Look through the data that follows and copy each line with the string "refl".

> Provided data
....................

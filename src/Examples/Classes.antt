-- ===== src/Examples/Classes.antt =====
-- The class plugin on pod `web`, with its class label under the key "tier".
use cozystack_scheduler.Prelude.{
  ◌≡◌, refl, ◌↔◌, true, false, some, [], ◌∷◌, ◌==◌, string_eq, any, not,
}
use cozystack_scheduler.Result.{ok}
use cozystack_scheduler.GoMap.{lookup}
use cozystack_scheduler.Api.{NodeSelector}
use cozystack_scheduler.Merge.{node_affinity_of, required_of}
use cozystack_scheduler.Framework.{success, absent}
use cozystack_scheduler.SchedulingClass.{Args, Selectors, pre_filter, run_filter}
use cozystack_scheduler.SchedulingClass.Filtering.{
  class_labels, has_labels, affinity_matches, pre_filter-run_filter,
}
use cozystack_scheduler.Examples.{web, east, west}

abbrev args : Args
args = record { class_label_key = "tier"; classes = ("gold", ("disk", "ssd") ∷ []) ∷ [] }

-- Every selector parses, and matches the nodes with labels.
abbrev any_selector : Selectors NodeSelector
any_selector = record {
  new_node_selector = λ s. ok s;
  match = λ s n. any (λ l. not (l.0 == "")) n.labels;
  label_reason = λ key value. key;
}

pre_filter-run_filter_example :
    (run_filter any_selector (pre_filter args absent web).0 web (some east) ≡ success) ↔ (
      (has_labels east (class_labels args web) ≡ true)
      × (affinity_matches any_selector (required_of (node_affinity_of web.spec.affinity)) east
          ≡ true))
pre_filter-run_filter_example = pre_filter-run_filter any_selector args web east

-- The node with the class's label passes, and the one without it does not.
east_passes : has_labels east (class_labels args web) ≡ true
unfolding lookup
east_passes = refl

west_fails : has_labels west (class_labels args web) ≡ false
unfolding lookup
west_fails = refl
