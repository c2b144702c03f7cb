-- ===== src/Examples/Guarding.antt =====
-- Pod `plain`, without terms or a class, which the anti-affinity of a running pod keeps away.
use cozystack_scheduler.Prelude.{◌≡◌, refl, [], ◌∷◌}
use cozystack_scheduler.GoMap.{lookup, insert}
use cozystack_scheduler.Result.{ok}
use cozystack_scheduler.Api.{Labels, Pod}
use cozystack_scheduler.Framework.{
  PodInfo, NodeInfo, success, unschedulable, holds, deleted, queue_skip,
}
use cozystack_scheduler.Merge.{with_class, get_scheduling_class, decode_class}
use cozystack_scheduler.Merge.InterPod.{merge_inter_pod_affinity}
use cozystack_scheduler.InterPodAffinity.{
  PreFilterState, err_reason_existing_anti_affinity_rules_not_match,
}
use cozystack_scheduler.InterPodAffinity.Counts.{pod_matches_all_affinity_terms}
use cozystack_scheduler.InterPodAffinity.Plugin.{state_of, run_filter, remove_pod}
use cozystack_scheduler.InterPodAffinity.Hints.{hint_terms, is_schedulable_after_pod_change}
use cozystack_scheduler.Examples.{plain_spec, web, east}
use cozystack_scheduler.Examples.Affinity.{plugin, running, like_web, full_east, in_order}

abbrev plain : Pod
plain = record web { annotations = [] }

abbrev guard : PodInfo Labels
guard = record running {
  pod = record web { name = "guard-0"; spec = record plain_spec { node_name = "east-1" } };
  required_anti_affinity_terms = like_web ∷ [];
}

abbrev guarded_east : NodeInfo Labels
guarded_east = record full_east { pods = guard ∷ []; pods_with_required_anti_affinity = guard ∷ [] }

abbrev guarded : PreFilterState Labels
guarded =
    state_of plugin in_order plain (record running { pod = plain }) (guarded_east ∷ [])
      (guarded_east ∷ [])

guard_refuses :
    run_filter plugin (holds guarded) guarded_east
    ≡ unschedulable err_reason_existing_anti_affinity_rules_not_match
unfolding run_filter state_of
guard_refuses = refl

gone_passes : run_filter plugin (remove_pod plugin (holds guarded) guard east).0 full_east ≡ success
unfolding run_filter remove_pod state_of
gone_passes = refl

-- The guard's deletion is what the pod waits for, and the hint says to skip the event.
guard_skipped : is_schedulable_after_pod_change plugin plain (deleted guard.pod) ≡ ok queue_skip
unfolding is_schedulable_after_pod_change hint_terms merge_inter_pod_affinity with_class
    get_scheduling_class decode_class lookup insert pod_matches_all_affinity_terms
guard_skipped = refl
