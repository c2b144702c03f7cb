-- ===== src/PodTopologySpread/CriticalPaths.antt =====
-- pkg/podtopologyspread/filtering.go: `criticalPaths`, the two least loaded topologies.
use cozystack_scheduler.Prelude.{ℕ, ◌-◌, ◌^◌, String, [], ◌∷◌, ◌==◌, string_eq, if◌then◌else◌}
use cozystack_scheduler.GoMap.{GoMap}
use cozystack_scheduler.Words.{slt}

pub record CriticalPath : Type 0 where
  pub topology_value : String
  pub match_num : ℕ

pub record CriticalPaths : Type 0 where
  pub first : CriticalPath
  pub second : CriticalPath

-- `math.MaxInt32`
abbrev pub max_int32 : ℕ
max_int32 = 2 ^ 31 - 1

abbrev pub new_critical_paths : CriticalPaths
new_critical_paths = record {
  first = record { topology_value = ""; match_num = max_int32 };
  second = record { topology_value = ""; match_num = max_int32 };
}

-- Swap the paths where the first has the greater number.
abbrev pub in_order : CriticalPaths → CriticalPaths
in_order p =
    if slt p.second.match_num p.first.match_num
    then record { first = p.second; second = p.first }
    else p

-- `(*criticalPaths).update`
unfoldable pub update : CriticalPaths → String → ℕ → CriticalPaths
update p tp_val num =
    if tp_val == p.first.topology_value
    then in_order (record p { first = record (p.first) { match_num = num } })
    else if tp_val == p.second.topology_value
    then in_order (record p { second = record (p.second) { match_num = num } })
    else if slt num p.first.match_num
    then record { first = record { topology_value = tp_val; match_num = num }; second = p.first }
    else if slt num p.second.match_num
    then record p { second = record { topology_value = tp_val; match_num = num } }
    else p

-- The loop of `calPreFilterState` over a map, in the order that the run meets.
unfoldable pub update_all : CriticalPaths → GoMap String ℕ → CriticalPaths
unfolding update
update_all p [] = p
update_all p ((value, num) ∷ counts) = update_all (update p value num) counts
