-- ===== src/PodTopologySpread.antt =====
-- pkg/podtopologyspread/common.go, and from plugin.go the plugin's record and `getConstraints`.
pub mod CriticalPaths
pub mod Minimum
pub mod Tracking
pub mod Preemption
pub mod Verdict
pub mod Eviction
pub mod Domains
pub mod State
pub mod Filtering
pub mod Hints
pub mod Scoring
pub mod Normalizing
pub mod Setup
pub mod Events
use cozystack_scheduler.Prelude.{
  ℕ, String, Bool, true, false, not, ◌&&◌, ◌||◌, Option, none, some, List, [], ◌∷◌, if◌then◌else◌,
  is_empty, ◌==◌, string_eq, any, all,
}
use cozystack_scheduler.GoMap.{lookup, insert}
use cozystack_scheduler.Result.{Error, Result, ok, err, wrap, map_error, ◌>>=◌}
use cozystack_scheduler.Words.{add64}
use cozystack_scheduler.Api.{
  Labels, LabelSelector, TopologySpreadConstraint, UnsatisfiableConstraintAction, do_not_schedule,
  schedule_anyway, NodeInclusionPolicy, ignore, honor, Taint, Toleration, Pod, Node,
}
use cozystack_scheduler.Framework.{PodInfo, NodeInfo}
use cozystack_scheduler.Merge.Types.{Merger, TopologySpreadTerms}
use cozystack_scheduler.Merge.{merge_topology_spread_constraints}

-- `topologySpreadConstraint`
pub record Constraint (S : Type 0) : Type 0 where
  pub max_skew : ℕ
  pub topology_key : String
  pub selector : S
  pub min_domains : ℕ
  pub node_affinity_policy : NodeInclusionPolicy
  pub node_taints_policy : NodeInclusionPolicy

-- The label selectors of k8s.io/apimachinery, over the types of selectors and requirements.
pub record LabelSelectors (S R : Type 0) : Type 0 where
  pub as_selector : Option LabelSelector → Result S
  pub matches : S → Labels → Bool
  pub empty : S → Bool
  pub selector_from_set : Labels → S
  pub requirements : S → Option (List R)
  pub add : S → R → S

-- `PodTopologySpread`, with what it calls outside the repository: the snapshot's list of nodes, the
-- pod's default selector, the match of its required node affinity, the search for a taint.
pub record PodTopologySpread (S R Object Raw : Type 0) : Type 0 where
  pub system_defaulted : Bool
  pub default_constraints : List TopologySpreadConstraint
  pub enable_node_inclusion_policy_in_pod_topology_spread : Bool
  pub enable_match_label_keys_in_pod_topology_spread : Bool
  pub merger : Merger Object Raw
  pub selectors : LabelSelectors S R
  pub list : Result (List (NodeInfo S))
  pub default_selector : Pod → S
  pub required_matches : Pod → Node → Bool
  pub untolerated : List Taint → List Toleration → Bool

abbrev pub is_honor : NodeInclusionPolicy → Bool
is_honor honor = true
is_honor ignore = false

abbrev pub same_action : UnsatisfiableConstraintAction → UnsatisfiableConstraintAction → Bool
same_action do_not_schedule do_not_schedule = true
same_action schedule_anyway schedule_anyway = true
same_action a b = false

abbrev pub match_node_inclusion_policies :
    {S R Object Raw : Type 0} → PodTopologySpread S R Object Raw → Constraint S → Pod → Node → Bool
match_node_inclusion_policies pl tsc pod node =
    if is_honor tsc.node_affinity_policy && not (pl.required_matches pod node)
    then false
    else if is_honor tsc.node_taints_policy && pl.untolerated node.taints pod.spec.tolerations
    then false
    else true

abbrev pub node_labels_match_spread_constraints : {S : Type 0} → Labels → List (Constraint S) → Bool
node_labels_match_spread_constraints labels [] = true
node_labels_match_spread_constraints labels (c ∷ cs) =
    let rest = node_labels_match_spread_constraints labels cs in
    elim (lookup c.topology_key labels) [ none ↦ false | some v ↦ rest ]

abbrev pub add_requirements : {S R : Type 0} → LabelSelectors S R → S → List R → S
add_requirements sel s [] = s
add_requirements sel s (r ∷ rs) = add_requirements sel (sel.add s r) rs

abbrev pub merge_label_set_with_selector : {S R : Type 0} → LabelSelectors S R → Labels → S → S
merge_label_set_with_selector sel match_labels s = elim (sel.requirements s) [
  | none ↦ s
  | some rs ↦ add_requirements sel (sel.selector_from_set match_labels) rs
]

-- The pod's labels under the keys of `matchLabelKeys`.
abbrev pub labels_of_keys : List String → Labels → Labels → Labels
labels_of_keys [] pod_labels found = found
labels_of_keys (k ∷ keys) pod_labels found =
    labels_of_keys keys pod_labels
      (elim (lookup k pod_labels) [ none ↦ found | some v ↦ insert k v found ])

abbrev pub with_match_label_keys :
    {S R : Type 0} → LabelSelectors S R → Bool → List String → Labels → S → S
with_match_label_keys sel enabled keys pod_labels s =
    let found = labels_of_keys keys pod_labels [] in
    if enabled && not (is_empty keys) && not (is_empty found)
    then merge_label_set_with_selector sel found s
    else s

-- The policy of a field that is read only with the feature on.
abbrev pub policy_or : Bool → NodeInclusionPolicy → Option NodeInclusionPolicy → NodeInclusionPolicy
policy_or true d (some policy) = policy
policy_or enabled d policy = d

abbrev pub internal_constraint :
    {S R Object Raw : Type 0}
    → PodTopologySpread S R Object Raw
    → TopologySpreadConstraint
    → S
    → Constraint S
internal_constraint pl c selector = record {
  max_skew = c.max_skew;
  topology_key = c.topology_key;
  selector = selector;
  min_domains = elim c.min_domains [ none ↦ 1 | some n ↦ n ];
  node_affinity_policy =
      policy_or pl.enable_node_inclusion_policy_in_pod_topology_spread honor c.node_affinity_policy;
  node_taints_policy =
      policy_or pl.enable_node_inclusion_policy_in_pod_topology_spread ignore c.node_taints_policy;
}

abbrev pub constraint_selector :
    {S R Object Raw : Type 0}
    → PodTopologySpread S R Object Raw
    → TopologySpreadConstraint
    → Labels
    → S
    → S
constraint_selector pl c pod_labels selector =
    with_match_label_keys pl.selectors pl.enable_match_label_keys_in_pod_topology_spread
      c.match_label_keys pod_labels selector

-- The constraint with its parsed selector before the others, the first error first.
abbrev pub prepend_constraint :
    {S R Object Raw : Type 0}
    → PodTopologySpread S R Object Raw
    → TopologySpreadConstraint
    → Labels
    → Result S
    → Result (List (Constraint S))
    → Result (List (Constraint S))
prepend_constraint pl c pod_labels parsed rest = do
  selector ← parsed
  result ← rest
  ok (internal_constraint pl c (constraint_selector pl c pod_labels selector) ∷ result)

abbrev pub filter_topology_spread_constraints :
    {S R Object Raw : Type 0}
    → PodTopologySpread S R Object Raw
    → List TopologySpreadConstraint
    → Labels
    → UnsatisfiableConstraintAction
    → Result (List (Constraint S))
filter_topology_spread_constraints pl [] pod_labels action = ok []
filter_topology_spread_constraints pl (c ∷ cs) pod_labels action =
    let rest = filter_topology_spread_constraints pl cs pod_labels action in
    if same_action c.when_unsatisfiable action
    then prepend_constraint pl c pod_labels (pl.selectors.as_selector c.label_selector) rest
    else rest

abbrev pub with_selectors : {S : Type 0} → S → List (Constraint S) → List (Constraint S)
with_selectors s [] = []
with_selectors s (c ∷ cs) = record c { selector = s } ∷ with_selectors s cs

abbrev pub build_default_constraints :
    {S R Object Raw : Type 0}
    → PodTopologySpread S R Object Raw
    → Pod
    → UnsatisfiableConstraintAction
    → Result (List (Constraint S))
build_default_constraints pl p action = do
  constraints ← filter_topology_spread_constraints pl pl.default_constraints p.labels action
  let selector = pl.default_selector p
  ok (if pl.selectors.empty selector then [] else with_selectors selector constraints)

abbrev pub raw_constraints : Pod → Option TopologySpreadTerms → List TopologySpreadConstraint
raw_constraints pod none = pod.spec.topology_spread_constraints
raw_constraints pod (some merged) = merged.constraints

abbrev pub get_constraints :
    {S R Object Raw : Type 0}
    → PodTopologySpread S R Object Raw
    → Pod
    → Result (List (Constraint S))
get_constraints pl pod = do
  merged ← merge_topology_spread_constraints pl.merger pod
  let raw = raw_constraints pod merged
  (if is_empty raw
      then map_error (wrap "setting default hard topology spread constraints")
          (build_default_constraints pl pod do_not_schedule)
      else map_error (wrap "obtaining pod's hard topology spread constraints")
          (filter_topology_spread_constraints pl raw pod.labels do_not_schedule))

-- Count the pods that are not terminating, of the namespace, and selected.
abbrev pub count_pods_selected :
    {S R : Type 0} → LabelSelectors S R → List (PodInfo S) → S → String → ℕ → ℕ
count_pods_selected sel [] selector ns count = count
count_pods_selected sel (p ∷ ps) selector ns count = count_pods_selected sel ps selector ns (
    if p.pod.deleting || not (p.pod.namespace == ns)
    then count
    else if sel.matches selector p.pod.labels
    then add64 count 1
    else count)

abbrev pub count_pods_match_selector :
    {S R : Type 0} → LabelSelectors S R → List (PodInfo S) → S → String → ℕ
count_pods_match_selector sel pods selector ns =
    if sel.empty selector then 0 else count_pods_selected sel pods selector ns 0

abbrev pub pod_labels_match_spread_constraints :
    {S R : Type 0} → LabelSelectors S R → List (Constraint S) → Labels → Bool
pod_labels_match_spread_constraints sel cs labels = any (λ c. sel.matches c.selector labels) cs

....................

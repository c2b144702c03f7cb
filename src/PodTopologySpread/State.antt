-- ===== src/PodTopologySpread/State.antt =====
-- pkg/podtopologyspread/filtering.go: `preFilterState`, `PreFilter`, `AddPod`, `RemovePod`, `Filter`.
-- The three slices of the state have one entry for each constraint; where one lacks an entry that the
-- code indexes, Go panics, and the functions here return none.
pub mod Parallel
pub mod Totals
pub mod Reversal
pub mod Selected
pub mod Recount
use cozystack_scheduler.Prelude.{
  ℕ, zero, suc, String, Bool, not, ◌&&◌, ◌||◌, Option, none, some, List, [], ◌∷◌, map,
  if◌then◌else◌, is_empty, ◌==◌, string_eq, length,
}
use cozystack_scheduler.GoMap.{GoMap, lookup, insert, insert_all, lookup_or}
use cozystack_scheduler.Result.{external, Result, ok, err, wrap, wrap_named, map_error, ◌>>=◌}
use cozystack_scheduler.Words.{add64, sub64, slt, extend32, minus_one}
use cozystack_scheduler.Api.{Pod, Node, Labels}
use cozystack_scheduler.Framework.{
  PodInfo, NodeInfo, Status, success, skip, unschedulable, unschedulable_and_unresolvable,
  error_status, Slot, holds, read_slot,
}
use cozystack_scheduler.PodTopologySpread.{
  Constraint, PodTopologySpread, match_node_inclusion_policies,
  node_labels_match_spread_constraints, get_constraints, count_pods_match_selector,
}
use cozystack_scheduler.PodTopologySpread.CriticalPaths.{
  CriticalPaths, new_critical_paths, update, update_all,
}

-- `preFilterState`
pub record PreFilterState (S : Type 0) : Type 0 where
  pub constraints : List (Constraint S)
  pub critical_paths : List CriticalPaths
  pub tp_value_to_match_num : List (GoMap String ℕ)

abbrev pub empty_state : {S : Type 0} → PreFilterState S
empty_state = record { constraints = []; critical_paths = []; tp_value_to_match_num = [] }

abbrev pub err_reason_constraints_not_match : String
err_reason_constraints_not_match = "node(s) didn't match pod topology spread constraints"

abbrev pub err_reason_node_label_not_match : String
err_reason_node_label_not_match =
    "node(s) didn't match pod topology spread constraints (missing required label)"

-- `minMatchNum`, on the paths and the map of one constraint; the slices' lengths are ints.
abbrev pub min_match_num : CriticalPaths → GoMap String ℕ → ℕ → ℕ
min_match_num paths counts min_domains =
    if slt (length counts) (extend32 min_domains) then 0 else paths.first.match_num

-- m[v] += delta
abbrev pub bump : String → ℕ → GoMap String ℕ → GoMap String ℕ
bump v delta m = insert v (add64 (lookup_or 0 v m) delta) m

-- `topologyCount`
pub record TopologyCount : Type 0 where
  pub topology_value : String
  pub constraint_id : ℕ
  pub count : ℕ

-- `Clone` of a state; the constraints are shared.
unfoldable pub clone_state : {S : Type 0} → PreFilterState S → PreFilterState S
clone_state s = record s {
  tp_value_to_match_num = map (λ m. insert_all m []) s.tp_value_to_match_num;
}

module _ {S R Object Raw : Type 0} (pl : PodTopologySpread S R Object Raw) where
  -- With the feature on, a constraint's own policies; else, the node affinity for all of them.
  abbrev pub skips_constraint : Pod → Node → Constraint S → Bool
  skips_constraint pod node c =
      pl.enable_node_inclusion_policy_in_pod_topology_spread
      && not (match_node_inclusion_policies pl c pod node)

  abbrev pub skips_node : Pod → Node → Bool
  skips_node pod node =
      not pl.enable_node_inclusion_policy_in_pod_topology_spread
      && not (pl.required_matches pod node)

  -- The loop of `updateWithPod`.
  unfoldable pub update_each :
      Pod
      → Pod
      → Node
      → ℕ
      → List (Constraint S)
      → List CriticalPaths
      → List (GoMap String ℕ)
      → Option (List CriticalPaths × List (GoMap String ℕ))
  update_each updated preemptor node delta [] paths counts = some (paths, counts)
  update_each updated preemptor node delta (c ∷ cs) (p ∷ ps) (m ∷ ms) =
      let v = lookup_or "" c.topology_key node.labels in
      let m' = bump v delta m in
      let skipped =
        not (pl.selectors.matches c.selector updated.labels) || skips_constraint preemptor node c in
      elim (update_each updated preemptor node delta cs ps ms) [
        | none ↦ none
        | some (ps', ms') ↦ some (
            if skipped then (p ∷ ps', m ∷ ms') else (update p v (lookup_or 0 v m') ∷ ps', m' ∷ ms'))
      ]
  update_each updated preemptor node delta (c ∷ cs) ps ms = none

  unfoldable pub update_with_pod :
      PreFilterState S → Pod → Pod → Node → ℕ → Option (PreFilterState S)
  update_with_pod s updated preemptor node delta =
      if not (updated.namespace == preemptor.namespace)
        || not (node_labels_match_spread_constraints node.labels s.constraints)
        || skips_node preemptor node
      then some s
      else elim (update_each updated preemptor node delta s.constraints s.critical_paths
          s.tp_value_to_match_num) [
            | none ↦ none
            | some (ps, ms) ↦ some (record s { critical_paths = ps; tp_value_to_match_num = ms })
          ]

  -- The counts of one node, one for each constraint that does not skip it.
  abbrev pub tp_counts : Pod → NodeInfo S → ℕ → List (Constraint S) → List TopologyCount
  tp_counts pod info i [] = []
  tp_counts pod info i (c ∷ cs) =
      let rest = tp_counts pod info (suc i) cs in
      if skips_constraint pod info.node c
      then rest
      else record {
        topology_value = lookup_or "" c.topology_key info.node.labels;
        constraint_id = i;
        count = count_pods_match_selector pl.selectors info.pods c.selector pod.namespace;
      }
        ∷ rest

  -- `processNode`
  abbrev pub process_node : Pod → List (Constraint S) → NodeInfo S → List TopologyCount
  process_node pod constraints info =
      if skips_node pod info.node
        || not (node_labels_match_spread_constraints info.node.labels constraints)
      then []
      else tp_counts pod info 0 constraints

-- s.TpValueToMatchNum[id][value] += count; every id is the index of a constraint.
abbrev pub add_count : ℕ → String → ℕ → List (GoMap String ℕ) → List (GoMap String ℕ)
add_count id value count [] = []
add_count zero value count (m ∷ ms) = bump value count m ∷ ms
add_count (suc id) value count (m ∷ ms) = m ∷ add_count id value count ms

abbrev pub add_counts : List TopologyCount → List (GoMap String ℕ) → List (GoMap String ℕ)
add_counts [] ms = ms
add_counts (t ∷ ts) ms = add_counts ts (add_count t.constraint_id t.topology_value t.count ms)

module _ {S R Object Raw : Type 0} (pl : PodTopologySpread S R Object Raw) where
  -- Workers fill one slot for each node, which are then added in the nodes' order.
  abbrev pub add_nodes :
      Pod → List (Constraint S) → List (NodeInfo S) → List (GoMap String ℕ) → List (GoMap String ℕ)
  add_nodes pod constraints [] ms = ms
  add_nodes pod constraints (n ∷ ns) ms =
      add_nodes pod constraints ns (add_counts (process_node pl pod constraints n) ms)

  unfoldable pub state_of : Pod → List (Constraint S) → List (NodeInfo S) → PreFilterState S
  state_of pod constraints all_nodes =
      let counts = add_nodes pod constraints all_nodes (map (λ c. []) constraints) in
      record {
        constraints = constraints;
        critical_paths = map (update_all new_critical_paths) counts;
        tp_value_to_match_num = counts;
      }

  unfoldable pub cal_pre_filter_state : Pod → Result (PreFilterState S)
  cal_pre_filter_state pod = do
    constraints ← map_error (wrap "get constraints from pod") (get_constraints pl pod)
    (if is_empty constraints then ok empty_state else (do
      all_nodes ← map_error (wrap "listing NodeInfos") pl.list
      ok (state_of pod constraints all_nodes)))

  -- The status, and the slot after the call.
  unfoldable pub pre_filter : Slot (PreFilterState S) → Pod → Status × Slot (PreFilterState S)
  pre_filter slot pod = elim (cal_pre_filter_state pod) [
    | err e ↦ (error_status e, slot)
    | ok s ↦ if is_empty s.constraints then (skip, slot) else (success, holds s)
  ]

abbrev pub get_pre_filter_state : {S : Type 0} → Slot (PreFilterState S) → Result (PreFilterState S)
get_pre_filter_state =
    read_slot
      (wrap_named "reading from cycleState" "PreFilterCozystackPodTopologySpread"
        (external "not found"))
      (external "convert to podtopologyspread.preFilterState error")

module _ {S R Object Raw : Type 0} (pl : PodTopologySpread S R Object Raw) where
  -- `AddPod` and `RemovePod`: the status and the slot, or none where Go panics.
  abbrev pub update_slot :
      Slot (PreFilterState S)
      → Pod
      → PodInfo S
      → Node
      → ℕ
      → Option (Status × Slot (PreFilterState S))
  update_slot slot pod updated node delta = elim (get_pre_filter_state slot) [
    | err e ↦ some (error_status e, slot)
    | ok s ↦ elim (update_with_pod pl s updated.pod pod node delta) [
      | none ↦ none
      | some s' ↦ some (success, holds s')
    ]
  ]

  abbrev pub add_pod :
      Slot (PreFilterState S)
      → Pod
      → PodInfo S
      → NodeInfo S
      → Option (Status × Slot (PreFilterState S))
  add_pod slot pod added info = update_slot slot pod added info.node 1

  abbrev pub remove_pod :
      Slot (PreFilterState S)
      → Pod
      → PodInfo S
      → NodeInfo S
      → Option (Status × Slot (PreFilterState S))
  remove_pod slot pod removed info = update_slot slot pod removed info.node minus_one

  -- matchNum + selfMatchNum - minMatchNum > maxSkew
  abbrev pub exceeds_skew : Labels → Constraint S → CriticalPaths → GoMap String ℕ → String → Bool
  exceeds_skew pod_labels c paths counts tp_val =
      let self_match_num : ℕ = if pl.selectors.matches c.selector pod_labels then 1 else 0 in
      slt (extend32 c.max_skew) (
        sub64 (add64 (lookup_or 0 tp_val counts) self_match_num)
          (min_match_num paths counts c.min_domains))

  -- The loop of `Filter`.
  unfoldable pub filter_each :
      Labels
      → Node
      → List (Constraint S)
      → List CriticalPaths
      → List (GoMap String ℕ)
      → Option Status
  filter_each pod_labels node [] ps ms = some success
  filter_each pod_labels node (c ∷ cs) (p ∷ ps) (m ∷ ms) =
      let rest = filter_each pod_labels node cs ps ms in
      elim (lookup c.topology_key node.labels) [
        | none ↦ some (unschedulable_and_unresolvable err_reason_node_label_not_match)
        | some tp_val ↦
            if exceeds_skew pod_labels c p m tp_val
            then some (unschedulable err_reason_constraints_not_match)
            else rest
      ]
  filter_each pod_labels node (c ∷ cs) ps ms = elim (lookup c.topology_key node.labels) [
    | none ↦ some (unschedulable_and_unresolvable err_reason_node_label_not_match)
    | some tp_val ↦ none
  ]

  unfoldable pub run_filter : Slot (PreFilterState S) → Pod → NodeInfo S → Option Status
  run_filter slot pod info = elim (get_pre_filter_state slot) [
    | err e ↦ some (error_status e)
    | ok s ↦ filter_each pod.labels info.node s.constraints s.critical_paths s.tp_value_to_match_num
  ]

....................

> Solution for this exercise
  ◌≡◌, refl, ◌↔◌, true, false, some, [], ◌∷◌, ◌==◌, string_eq, any, not,
east_passes = refl
west_fails = refl
use cozystack_scheduler.Prelude.{◌≡◌, refl, [], ◌∷◌}
guard_refuses = refl
gone_passes = refl
guard_skipped = refl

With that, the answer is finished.